● Problem: Reproduce, from the lines below, exactly the stretch that begins at the line containing "HasMode outside s = (s.overflow" and ends at the line containing "if leb (line_buffer_size", both included.

Stored data entries:
++++

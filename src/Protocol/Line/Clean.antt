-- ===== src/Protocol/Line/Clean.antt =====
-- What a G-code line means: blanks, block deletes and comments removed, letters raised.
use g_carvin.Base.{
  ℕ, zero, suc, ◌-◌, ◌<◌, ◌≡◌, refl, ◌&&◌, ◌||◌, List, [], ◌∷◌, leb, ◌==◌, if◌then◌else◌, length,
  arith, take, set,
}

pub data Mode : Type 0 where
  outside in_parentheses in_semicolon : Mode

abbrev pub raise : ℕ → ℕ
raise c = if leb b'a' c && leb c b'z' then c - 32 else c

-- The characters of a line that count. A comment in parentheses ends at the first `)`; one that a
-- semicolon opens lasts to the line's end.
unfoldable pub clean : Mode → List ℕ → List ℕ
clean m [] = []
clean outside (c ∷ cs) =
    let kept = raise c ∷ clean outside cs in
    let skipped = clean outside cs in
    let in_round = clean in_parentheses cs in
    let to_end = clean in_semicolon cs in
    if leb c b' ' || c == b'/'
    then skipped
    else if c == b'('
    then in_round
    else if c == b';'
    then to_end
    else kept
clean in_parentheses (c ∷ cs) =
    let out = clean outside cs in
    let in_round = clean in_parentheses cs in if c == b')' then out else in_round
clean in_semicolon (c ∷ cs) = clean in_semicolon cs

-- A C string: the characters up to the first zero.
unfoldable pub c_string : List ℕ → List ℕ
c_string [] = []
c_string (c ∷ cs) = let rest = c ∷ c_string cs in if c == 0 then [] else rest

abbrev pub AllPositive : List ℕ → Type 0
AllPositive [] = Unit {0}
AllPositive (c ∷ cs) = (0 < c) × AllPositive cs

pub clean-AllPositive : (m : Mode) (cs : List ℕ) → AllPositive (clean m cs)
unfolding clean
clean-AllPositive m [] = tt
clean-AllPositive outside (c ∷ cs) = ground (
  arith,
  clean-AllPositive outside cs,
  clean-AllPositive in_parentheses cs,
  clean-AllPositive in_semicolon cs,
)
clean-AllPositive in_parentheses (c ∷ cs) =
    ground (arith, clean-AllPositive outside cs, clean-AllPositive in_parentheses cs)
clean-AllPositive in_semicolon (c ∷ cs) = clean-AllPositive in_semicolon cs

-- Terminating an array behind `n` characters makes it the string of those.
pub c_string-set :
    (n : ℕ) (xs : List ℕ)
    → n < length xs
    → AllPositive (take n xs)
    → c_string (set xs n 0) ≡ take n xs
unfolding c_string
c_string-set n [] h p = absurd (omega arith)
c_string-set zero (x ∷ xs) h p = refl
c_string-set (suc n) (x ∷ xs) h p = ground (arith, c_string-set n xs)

++++

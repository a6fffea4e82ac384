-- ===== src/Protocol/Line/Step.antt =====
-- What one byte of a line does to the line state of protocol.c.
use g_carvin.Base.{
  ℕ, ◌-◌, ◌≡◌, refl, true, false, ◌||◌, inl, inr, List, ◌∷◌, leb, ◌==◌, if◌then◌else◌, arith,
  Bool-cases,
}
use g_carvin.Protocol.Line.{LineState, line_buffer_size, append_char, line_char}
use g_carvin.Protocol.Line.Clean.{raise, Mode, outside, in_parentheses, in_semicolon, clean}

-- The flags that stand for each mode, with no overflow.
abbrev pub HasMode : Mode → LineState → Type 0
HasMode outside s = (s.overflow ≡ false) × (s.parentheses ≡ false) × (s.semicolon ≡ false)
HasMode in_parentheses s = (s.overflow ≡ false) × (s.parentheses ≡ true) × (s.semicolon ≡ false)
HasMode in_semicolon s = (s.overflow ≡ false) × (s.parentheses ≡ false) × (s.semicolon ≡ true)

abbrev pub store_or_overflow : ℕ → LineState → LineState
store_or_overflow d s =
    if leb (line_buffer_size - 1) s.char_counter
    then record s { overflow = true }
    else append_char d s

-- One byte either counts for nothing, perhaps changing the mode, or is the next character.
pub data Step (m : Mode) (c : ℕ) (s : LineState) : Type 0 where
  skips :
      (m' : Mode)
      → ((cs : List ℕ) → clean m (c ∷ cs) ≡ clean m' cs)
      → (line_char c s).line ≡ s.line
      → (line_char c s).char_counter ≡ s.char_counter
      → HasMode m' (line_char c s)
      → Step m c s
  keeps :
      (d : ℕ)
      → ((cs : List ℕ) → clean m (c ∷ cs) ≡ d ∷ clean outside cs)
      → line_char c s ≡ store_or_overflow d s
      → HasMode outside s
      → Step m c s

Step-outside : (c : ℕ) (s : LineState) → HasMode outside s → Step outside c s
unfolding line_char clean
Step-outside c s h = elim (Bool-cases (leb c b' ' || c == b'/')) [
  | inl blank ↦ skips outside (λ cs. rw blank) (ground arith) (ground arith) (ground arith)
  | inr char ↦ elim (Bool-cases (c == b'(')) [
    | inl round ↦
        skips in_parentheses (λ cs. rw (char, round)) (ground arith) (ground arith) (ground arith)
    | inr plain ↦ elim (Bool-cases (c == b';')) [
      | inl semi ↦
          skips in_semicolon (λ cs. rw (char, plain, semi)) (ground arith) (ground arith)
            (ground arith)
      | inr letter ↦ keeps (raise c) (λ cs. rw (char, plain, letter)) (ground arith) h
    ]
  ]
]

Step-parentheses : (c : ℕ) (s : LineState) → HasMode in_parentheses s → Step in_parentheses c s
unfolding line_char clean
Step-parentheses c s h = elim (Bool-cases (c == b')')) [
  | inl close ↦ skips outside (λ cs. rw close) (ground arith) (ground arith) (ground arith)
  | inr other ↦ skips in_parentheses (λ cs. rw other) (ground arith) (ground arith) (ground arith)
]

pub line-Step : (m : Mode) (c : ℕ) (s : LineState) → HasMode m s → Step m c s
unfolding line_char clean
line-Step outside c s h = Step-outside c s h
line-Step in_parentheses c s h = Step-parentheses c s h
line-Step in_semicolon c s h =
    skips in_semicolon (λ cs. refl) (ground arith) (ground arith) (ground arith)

++++

● Task result:
HasMode outside s = (s.overflow ≡ false) × (s.parentheses ≡ false) × (s.semicolon ≡ false)
HasMode in_parentheses s = (s.overflow ≡ false) × (s.parentheses ≡ true) × (s.semicolon ≡ false)
HasMode in_semicolon s = (s.overflow ≡ false) × (s.parentheses ≡ false) × (s.semicolon ≡ true)

abbrev pub store_or_overflow : ℕ → LineState → LineState
store_or_overflow d s =
    if leb (line_buffer_size - 1) s.char_counter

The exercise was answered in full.